*** Opening Supplied data ***

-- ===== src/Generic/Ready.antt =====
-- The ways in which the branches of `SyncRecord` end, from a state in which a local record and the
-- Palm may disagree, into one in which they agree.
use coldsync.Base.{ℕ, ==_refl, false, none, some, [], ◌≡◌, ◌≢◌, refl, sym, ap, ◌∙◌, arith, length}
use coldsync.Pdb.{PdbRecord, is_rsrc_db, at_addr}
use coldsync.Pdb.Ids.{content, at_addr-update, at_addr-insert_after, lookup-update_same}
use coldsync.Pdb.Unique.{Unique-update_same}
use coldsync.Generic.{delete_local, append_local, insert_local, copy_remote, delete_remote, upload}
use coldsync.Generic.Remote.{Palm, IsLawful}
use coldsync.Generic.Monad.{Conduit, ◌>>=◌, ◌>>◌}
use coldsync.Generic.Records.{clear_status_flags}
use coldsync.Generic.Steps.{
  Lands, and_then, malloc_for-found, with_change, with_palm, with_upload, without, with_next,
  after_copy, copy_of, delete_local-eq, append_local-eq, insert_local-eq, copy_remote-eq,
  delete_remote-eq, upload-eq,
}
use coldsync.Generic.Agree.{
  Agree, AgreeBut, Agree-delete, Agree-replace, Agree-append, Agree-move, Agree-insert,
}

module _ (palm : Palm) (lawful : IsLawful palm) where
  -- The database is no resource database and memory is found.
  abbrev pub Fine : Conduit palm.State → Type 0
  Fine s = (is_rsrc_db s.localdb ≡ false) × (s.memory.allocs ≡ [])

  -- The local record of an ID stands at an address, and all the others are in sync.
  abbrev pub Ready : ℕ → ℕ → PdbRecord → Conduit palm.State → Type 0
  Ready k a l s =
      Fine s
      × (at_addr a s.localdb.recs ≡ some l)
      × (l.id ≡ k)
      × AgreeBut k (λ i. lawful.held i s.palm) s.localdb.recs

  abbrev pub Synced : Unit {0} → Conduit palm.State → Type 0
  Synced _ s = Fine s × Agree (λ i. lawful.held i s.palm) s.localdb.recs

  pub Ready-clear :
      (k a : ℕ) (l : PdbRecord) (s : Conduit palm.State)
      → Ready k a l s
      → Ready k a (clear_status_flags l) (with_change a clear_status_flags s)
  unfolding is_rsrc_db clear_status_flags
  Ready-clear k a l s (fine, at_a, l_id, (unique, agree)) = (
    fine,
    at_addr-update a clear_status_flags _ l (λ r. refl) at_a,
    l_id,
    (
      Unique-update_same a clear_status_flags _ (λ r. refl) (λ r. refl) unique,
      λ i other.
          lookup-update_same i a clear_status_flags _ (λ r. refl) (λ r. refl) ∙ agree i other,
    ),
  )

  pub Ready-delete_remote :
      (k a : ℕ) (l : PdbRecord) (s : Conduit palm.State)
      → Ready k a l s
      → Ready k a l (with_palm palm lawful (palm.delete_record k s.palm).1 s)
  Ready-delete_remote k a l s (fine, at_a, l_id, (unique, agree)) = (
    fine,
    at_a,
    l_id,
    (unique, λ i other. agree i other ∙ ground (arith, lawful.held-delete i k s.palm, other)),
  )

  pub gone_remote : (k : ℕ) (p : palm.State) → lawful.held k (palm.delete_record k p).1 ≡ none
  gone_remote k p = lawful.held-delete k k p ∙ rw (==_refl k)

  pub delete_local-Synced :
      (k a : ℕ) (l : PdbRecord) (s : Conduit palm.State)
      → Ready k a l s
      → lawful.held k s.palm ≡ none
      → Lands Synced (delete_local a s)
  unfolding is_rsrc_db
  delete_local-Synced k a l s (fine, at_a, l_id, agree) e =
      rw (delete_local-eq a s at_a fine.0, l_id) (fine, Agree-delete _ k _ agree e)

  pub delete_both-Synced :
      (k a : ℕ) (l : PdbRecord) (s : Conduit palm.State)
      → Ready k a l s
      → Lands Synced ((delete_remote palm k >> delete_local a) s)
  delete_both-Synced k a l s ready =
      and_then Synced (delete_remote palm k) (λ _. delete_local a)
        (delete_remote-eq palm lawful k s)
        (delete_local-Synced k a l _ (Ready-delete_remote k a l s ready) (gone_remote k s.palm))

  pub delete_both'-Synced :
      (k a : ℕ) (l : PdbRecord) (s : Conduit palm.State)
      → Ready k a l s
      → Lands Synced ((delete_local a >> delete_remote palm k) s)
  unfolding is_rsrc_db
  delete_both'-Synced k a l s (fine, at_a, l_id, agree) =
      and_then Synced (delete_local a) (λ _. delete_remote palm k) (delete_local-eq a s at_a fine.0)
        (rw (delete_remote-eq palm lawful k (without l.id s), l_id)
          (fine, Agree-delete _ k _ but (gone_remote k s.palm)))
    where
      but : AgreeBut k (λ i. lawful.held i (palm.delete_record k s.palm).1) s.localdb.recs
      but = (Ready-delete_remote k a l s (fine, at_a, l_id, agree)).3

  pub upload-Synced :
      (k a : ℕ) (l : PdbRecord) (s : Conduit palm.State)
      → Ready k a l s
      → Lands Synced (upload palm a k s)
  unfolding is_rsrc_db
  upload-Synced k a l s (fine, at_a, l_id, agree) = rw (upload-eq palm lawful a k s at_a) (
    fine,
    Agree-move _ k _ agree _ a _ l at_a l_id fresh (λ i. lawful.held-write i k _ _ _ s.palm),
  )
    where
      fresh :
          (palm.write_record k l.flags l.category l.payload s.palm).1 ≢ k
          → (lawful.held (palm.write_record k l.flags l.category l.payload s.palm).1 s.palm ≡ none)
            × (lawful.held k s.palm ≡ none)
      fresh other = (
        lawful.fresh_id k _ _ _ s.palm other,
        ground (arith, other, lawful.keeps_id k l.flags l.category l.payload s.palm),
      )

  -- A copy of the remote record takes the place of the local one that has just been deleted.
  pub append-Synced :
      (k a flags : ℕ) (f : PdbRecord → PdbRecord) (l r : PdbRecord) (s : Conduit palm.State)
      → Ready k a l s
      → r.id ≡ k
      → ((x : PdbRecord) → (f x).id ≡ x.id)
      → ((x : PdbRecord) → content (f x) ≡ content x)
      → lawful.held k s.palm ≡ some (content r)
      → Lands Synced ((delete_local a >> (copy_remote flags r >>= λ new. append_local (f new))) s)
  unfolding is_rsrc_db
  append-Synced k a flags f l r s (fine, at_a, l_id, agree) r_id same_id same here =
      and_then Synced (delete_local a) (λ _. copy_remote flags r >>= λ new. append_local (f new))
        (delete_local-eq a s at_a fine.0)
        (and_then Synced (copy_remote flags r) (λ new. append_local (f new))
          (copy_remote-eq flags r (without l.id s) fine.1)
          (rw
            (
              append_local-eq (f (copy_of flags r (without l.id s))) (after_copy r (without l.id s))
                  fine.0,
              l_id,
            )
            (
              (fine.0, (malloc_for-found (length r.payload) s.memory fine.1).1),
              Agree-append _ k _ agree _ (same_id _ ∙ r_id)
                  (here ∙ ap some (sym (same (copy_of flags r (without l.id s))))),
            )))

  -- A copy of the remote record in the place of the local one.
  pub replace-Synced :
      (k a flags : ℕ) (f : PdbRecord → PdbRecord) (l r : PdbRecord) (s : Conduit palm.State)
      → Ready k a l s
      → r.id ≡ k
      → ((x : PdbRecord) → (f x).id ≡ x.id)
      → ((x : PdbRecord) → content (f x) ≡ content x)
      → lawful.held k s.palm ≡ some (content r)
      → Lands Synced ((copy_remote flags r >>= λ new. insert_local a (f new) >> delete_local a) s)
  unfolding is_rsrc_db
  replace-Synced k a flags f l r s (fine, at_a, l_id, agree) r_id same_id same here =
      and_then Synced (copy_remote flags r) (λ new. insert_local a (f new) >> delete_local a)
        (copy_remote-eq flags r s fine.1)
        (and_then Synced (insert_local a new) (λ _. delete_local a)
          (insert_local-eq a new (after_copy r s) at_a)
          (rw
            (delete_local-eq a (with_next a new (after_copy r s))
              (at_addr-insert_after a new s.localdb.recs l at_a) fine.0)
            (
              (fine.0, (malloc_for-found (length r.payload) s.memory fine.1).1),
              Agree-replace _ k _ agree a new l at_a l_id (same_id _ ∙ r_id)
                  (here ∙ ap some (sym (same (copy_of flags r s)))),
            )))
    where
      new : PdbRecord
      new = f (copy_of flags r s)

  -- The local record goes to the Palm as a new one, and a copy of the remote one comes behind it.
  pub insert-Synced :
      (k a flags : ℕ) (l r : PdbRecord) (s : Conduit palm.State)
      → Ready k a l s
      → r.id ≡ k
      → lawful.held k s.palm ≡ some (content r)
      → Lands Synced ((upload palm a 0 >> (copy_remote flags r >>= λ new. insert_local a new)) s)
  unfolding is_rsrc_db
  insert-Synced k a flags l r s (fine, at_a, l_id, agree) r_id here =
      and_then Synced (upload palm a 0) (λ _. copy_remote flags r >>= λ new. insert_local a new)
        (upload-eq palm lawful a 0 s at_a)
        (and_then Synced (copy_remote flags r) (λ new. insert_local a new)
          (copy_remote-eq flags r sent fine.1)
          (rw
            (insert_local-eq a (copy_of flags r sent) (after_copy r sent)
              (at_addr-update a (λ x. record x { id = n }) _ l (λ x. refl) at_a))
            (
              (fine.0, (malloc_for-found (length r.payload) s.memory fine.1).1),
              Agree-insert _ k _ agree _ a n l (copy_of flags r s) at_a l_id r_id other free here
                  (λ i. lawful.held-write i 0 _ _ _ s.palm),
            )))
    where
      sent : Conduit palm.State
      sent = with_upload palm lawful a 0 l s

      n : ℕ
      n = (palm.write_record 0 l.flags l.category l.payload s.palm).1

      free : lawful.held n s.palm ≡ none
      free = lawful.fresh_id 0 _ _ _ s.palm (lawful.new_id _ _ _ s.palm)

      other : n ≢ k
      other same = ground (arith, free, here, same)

*** Closing Supplied data ***

- Required action: Tally the lines of the data that contain the word "payload", and give only that tally.

- Written answer: 7